Hey folks, My new discus arrived yesterday morning... They were worth the wait!


































At the moment, the smallest is about 2" body size, biggest is closer to 4". They are RT x RT/SS.

Andy L

Man created Planted Fish tanks, God created algae.


----------



## ekim (Jan 31, 2004)

Congratulations, 
they all look nice and healthy!

*My Digital Gallery*


----------



## Phil Edwards (Jan 22, 2004)

Very nice fish!!!! They all have great body shape. Now put them in a bare bottom tank for the next three months and give them all they can eat. They'll be happy little fishies and will love you very much.

Here's a recipe for some of the best food in the world for discus.

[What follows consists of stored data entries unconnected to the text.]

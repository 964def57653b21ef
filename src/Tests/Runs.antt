-- ===== src/Tests/Runs.antt =====
-- Runs of the main loop: a creation with one command that continues as new, and a deletion.
use temporal_entity.Base.{
  All, arith, insert, ◌≡◌, refl, inl, ℕ, true, false, none, [], ◌∷◌, ◌++◌, codes, lookup, has,
  contains, Str,
}
use temporal_entity.Entity.State.{Phase}
use temporal_entity.Wire.{merge_labels, record_completed}
use temporal_entity.Entdefine.Context.{mutate_all, view}
use temporal_entity.Wire.Cache.{HasCache}
use temporal_entity.Entdefine.Rejected.{WillFail, pending_fail}
use temporal_entity.Entdefine.Loop.{
  begin_delete, Machine, Outcome, Reach, here, begin_run, receive_update, validate_update,
  at_continue, at_top, at_drain, closed, resumes, proceeds,
}
use temporal_entity.Entdefine.Queue.{arrivals, departures, in_flight}
use temporal_entity.Wire.{CommandEnvelope}
use temporal_entity.Entdefine.Dedup.{run-HasCache}
use temporal_entity.Entdefine.Lifecycle.{IsConsistent, run-IsConsistent}
use temporal_entity.Entdefine.Carried.{continued_envelope}
use temporal_entity.Entdefine.Emptied.{Accounted, queue-Accounted}
use temporal_entity.Entdefine.Serial.Invariant.{IsSerial}
use temporal_entity.Entdefine.Serial.Run.{run-IsSerial}
use temporal_entity.Entdefine.Serving.{Advances, Served, queue-Served}
use temporal_entity.Entdefine.Draining.{deletion_ends}
use temporal_entity.Entdefine.Marked.{marked_takes_nothing}
use temporal_entity.Entdefine.Mirror.{IsMirrored, run-IsMirrored}
use temporal_entity.Entdefine.Rollover.{update_during_rollover_hangs}
use temporal_entity.Tests.Fixtures.{
  patches, counter, blank, add, add_args, after, reaches, one_command, rollover, deletion,
}

abbrev name : Str
name = codes "counter/one"

abbrev start : Machine ℕ ℕ ℕ
start = begin_run patches counter 0 blank none

abbrev served : Machine ℕ ℕ ℕ
served = after patches name counter one_command start

abbrev rolled : Machine ℕ ℕ ℕ
rolled = after patches name counter rollover start

abbrev deleting : Machine ℕ ℕ ℕ
deleting = after patches name counter deletion start

-- The command was run: it added 2 to the 5 that the creation put there.
served_state : served.env.state ≡ 7
unfolding after begin_run view lookup mutate_all merge_labels record_completed insert contains
served_state = refl

served_waits : (served.pc ≡ at_continue) × (served.waiting ≡ codes "r1" ∷ [])
unfolding after begin_run lookup mutate_all merge_labels record_completed insert contains
served_waits = (refl, refl)

deleting_drains : (deleting.pc ≡ at_drain) × (deleting.env.pending ≡ [])
unfolding after begin_run lookup mutate_all merge_labels record_completed insert contains
deleting_drains = (refl, refl)

blank-HasCache : HasCache blank
unfolding lookup contains
blank-HasCache = record {
  indexed = record { distinct = tt; same = λ k. refl };
  bounded = omega arith;
}

queue-Accounted_example :
    ([] ++ arrivals served.history
      ≡ departures served.history ++ (in_flight served.pc ++ served.env.pending))
    × Accounted patches name counter blank served.pc served
queue-Accounted_example =
    queue-Accounted patches name counter 0 blank none (inl refl)
      (reaches patches name counter one_command start start here)

-- `add` with the payload "xy"; it is sent again with nothing, which its validator would refuse.
abbrev adding : CommandEnvelope
adding = record { request_id = codes "r1"; name = add; payload = codes "xy" }

run-HasCache_example : HasCache served.env
run-HasCache_example =
    run-HasCache patches name counter 0 blank none blank-HasCache
      (reaches patches name counter one_command start start here)

run-IsSerial_example :
    IsSerial patches name counter 0 blank served
    × ([] ++ arrivals served.history
        ≡ departures served.history ++ (in_flight served.pc ++ served.env.pending))
run-IsSerial_example =
    run-IsSerial patches name counter 0 blank none (inl refl) blank-HasCache
      (reaches patches name counter one_command start start here)

run-IsConsistent_example : IsConsistent served
run-IsConsistent_example =
    run-IsConsistent patches name counter 0 blank none (inl refl)
      (reaches patches name counter one_command start start here)

continued_envelope_example :
    (served.env.pending ≡ []) × (served.env.initialized ≡ true) × (served.env.phase ≡ Phase.ready)
unfolding after begin_run lookup mutate_all merge_labels record_completed insert contains
continued_envelope_example =
    continued_envelope patches name counter 0 blank none {m = rolled} served.env (inl refl)
      (reaches patches name counter rollover start start here) refl

-- A machine at the head of the loop with two commands in its queue.
abbrev loaded : Machine ℕ ℕ ℕ
loaded = record served {
  pc = at_top;
  env = record served.env {
    pending =
        record { request_id = codes "r2"; name = add; payload = codes "z" }
        ∷ record { request_id = codes "r3"; name = codes "no-such"; payload = [] }
        ∷ [];
  };
}

queue-Served_example :
    (n : Machine ℕ ℕ ℕ) × Advances patches name counter loaded n
    × Served patches name counter loaded.env.pending [] loaded n
unfolding after begin_run lookup mutate_all merge_labels record_completed insert contains
queue-Served_example = queue-Served patches name counter loaded refl refl

deletion_ends_example :
    (n : Machine ℕ ℕ ℕ) × (e : Outcome ℕ ℕ) × Reach patches name counter deleting n
    × (n.pc ≡ closed e)
    × (n.waiting ≡ [])
unfolding after begin_run lookup mutate_all merge_labels record_completed insert contains
deletion_ends_example = deletion_ends patches name counter deleting refl ((_, refl), tt)

marked_takes_nothing_example :
    (deleting.env.marked_for_deletion ≡ true)
    × (arrivals deleting.history ≡ arrivals deleting.history)
unfolding after begin_run lookup mutate_all merge_labels record_completed insert contains
marked_takes_nothing_example =
    marked_takes_nothing patches name counter {m = deleting} {o = deleting} refl here

run-IsMirrored_example : IsMirrored counter served
run-IsMirrored_example =
    run-IsMirrored patches name counter refl 0 blank none (λ h. cc h)
      (reaches patches name counter one_command start start here)

abbrev late : Machine ℕ ℕ ℕ
late = receive_update patches name counter add (add_args (codes "r2") (codes "z")) served

update_during_rollover_hangs_example :
    let o =
      after patches name counter
        (resumes (codes "r1") ∷ resumes (codes "r2") ∷ proceeds ∷ [])
        late in
    (o.pc ≡ at_continue)
    × (contains (codes "r2") o.waiting ≡ true)
    × (has (codes "r2") o.env.completed ≡ false)
unfolding after begin_run lookup mutate_all merge_labels record_completed insert contains
    validate_update
update_during_rollover_hangs_example =
    update_during_rollover_hangs patches name counter add (add_args (codes "r2") (codes "z")) served
      refl refl refl
      (reaches patches name counter (resumes (codes "r1") ∷ resumes (codes "r2") ∷ proceeds ∷ [])
        late late here)

pending_fail_example :
    All (WillFail (begin_delete patches counter loaded).env.completed) loaded.env.pending
unfolding after begin_run lookup mutate_all merge_labels record_completed insert contains
pending_fail_example =
    pending_fail patches counter loaded
      (run-HasCache patches name counter 0 blank none blank-HasCache
        (reaches patches name counter one_command start start here))
      (refl, (refl, tt)) (refl, (refl, tt)) (omega arith)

New Life Spectrum Freshwater Forumla pellets
Ocean Nutrition's Formula One pellets
Kent Marine's Zoecon liquid suppliment
Seachem's Garlic Extreme liquid suppliment.

We feed this to our fish at the store and you wouldn't believe the health and color of the fish. This is a complete diet for any carnivorous/omnivorous fish, making frozen foods unnecessary. Just make up a batch and keep it in a sealed container in your fridge. It'll make your fridge smell like an Italian kitchen, but that's not always a bad thing.


----------



## imported_trilinearmipmap (Feb 11, 2003)

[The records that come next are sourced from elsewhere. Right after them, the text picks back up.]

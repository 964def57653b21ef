-- ===== src/Tests/Sagas.antt =====
-- A saga of three steps whose last step fails.
use temporal_entity.Base.{◌≡◌, refl, ℕ, ◌+◌, ◌-◌, none, some, [], codes, Check, new_error}
use temporal_entity.Entdefine.Saga.{Saga, new_saga, step, run}
use temporal_entity.Entdefine.Saga.Rollback.{Ran, run_lem}

-- The world is a number: a step adds to it, its compensation takes that back.
abbrev adds : ℕ → ℕ → ℕ × Check
adds k w = (w + k, none)

abbrev takes : ℕ → ℕ → ℕ × Check
takes k w = (w - k, none)

abbrev fails : ℕ → ℕ × Check
fails w = (w, some (new_error (codes "no")))

abbrev order : Saga ℕ
order =
    step (codes "c") fails none
      (step (codes "b") (adds 20) none (step (codes "a") (adds 1) (some (takes 1)) new_saga))

-- The second step has no compensation, so its effect stays.
order_ends : (run order 5).0 ≡ 25
unfolding run
order_ends = refl

run_lem_example : Ran [] order 5 (run order 5)
run_lem_example = run_lem order 5

abbrev undoable : Saga ℕ
undoable = step (codes "b") fails none (step (codes "a") (adds 3) (some (takes 3)) new_saga)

Where did you get the discus from?

Canadian Aquatic Plant Trading Website


----------



## AndyL (Jun 5, 2004)

> quote:
> 
> Originally posted by trilinearmipmap:
> Where did you get the discus from?


Darcy @ Alberta Discus, [email protected]

Andy

Andy L

Man created Planted Fish tanks, God created algae.


----------



## darc (Jul 13, 2003)

Glad you are happy with the little devils Andy!!!!! Iam not a full time breeder!! I do however have a couple of pairs here that give me fry. I'm workin on more pairs as all my adults are starting to pair up and lay eggs!!! Any questions or whatever are totally welcome and I will answer all emails!! Thanks.

Darcy
Albertadiscus

[This message was edited by darc on Sun July 13 2003 at 10:27 AM.]


----------



## Vicki (Jan 31, 2003)

Darcy, just wanted to say those are beautiful discus!!! Great body shapes, some of the nicest I've seen. Beautiful fin development, too. I was startled when Andy said the smallest was two inches and the largest four inches, I thought I was looking at much bigger and more mature fish. You must do a great job raising your babies!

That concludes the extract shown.